→ TO DO
Please retype the data that follows, starting at the line containing "unfolding contains clear_all" and stopping after the last line.
== DATA SHOWN
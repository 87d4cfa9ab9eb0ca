-- ===== src/Client/FrameRings/Tests.antt =====
-- Runs of the store of frames, and the theorems at them.
use ashiato_sync.Base.{ℕ, ◌≡◌, refl, true, false, List, [], ◌∷◌, inl, arith, none}
use ashiato_sync.Capacity.{slot_for}
use ashiato_sync.Client.PayloadRing
use ashiato_sync.Client.PayloadRing.{no_frames}
use ashiato_sync.Client.FrameRings.{
  EntityBufferedFrame, ClientFrameRingStore, predicted_frame, no_origin, blank_frame, ring_at, read,
  write, make_store, contains, clear_all, reset, empty,
}
use ashiato_sync.Client.FrameRings.Reads.{IsValid}
use ashiato_sync.Client.FrameRings.Ready.{updated}
use ashiato_sync.Client.FrameRings.Refine.{read-write, write-IsValid}

abbrev four : ClientFrameRingStore
four = record { capacity = 4; write_generation_counter = 0; rings = [] }

abbrev sample_of : ℕ → List ℕ → EntityBufferedFrame
sample_of frame bytes = record {
  frame = frame;
  valid = true;
  entity_present = true;
  component_apply_mask = 5;
  baseline = record { tag_mask = 1; present_mask = 3; bytes = bytes };
}

abbrev written_once : ClientFrameRingStore
written_once = (write 1 (sample_of 6 (8 ∷ 9 ∷ [])) predicted_frame no_origin four).1

abbrev written_twice : ClientFrameRingStore
written_twice = (write 1 (sample_of 7 (1 ∷ 2 ∷ 3 ∷ [])) predicted_frame no_origin written_once).1

-- Where no entity has a ring.
four-IsValid : IsValid four
unfolding ring_at
four-IsValid = record {
  capacity = (2, refl, omega arith);
  rings = λ entity_index. record { sized = refl; entries = inl (refl, refl) };
}

write-IsValid_example :
    ((write 1 (sample_of 6 (8 ∷ 9 ∷ [])) predicted_frame no_origin four).0 ≡ false)
    × IsValid ((write 1 (sample_of 6 (8 ∷ 9 ∷ [])) predicted_frame no_origin four).1)
write-IsValid_example =
    write-IsValid four 1 (sample_of 6 (8 ∷ 9 ∷ [])) predicted_frame no_origin four-IsValid

once-IsValid : IsValid written_once
once-IsValid =
    (write-IsValid four 1 (sample_of 6 (8 ∷ 9 ∷ [])) predicted_frame no_origin four-IsValid).1

read-write_example :
    read written_twice 1 6 blank_frame
    ≡ updated written_once 1 (sample_of 7 (1 ∷ 2 ∷ 3 ∷ [])) 1 6 blank_frame
read-write_example =
    read-write written_once 1 (sample_of 7 (1 ∷ 2 ∷ 3 ∷ [])) predicted_frame no_origin once-IsValid
      1 6 blank_frame

-- The frame before has its bytes with a zero behind them.
grown_frame : read written_twice 1 6 blank_frame ≡ (true, sample_of 6 (8 ∷ 9 ∷ 0 ∷ []))
unfolding read write slot_for PayloadRing.ensure
grown_frame = refl

-- Frame 11 takes the slot of frame 7.
taken_slot :
    contains ((write 1 (sample_of 11 (4 ∷ [])) predicted_frame no_origin written_twice).1) 1 7
    ≡ false
unfolding contains write slot_for PayloadRing.ensure
taken_slot = refl

forgotten : contains (clear_all written_twice) 1 7 ≡ false
unfolding contains clear_all write slot_for PayloadRing.ensure
forgotten = refl

dropped : empty (reset 1 written_twice) 1 ≡ true
unfolding empty reset write
dropped = refl

not_a_power : make_store 6 ≡ none
unfolding make_store
not_a_power = refl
====
→ ANSWER AREA
unfolding contains clear_all write slot_for PayloadRing.ensure
forgotten = refl

dropped : empty (reset 1 written_twice) 1 ≡ true
unfolding empty reset write
dropped = refl

not_a_power : make_store 6 ≡ none
unfolding make_store
not_a_power = refl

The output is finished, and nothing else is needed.